Мы вырвали у них страну. Ну, а пока мы получаем всё, о чём усло­вились то ли с Воландом, то ли с Мефистофелем, то ли с Ельциным” (“Огонёк”, № 2-3, 1994 г., стр. 26).

А в своей книге “По ту сторону отчаяния” Новодворская добавила: “Я бла­годарна Ельцину... Пойдём против народа. Мы ему ничем не обязаны... Мы здесь не на цивилизованном Западе. Мы блуждаем в хищной мгле, и очень важно научиться стрелять первыми, убивать...”.
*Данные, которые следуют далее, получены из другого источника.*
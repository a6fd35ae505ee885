-- ===== src/Float/Stof/Floats.antt =====
-- `std::stof` returns a value of the type `float`.
use native.Mathlib.Nat.{dvd-zero, pow-suc, pow-zero}
use tabmo_codding_challenge.Common.Text.{Bytes, codes, is_prefix, lower}
use tabmo_codding_challenge.Common.Result.{ok, err, invalid_argument, Ensures, Ensures-if}
use tabmo_codding_challenge.Common.{ℕ, zero, suc, ◌+◌, ◌^◌, ◌<◌, Bool, true, false, arith, ◌==◌}
use tabmo_codding_challenge.Float.{nan, inf, fin}
use tabmo_codding_challenge.Float.Value.{IsFloat, round_ratio-IsFloat}
use tabmo_codding_challenge.Float.Stof.{
  in_range, scaled, drop_two, read_decimal, read_hex, read_unsigned, stof, read_mantissa,
  read_exponent, skip_spaces, read_sign,
}

in_range-IsFloat : (sign : Bool) (num den : ℕ) → 0 < den → Ensures IsFloat (in_range sign num den)
unfolding in_range
in_range-IsFloat sign num den pos = ground (arith, round_ratio-IsFloat sign num den pos)

pow-pos : (b n : ℕ) → 0 < b → 0 < b ^ n
pow-pos b zero h = rw pow-zero (omega arith)
pow-pos b (suc n) h = rw pow-suc (grind (arith, pow-pos b n h))

scaled-IsFloat :
    (sign : Bool) (radix step value places : ℕ) (e : Bool × ℕ)
    → 0 < radix
    → 0 < step
    → Ensures IsFloat (scaled sign radix step value places e)
unfolding scaled
scaled-IsFloat sign radix step value places (true, e) hr hs =
    in_range-IsFloat sign _ _ (grind (arith, pow-pos step places hs, pow-pos radix e hr))
scaled-IsFloat sign radix step value places (false, e) hr hs =
    in_range-IsFloat sign _ _ (pow-pos step places hs)

pub zero-IsFloat : (sign : Bool) → IsFloat (fin sign 0)
zero-IsFloat sign = (dvd-zero _, omega arith)

read_decimal-IsFloat : (sign : Bool) (s : Bytes) → Ensures IsFloat (read_decimal sign s)
unfolding read_decimal
read_decimal-IsFloat sign s =
    let (value, whole, places, rest) = read_mantissa 10 s in
    Ensures-if IsFloat (whole + places == 0) (err invalid_argument)
      (scaled sign 10 10 value places (read_exponent b'e' rest)) tt
      (scaled-IsFloat sign 10 10 value places (read_exponent b'e' rest) (omega arith) (omega arith))

read_hex-IsFloat : (sign : Bool) (s : Bytes) → Ensures IsFloat (read_hex sign s)
unfolding read_hex
read_hex-IsFloat sign s =
    let (value, whole, places, rest) = read_mantissa 16 s in
    Ensures-if IsFloat (whole + places == 0) (ok (fin sign 0))
      (scaled sign 2 16 value places (read_exponent b'p' rest)) (zero-IsFloat sign)
      (scaled-IsFloat sign 2 16 value places (read_exponent b'p' rest) (omega arith) (omega arith))

read_unsigned-IsFloat : (sign : Bool) (s : Bytes) → Ensures IsFloat (read_unsigned sign s)
unfolding read_unsigned
read_unsigned-IsFloat sign s =
    Ensures-if IsFloat (is_prefix (codes "inf") (lower s)) (ok (inf sign)) _ tt (
      Ensures-if IsFloat (is_prefix (codes "nan") (lower s)) (ok nan) _ tt (
        Ensures-if IsFloat (is_prefix (codes "0x") (lower s)) (read_hex sign (drop_two s))
          (read_decimal sign s) (read_hex-IsFloat sign (drop_two s)) (read_decimal-IsFloat sign s)))

pub stof-IsFloat : (s : Bytes) → Ensures IsFloat (stof s)
unfolding stof
stof-IsFloat s = let (sign, s') = read_sign (skip_spaces s) in read_unsigned-IsFloat sign s'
Её статья явилась естественным продолжением “расстрельного” письма 42-х, опубликованного в “Известиях” 5 октября 1993 года.

Для статистики и для суда потомков будет полезно знать, что из 42-х под­писантов “известинского письма” две трети — это классические “шестидесят­ники”, “дети XX съезда партии”: Алесь Адамович, Белла Ахмадулина, Григо­рий Бакланов, Зорий Балаян, Александр Борщаговский, Александр Гельман, Андрей Дементьев, Александр Иванов, Римма Казакова, Юрий Карякин, Яков Костюковский, Александр Кушнер, Татьяна Бек, Юрий Левитанский, Андрей Нуйкин, Булат Окуджава, Владимир Савельев, Юрий Черниченко, Андрей Чернов, Мариэтта Чудакова и др. И, конечно же, все они были единомышлен­никами и всё, что у Новодворской “было на языке”, у них “было на уме”. Не­даром такими же, как у Новодворской, чувствами была переполнена душа её кумира Булата Окуджавы: “Мы ловили каждый звук с наслаждением” (Но­водворская о взрывах танковых кумулятивных снарядов в “Белом доме”); “Для меня это был финал детектива. Я наслаждался этим <...> никакой жалости у меня к ним не было” (слова Окуджавы из интервью газете “Под­московные известия”, 11 декабря 1993 года).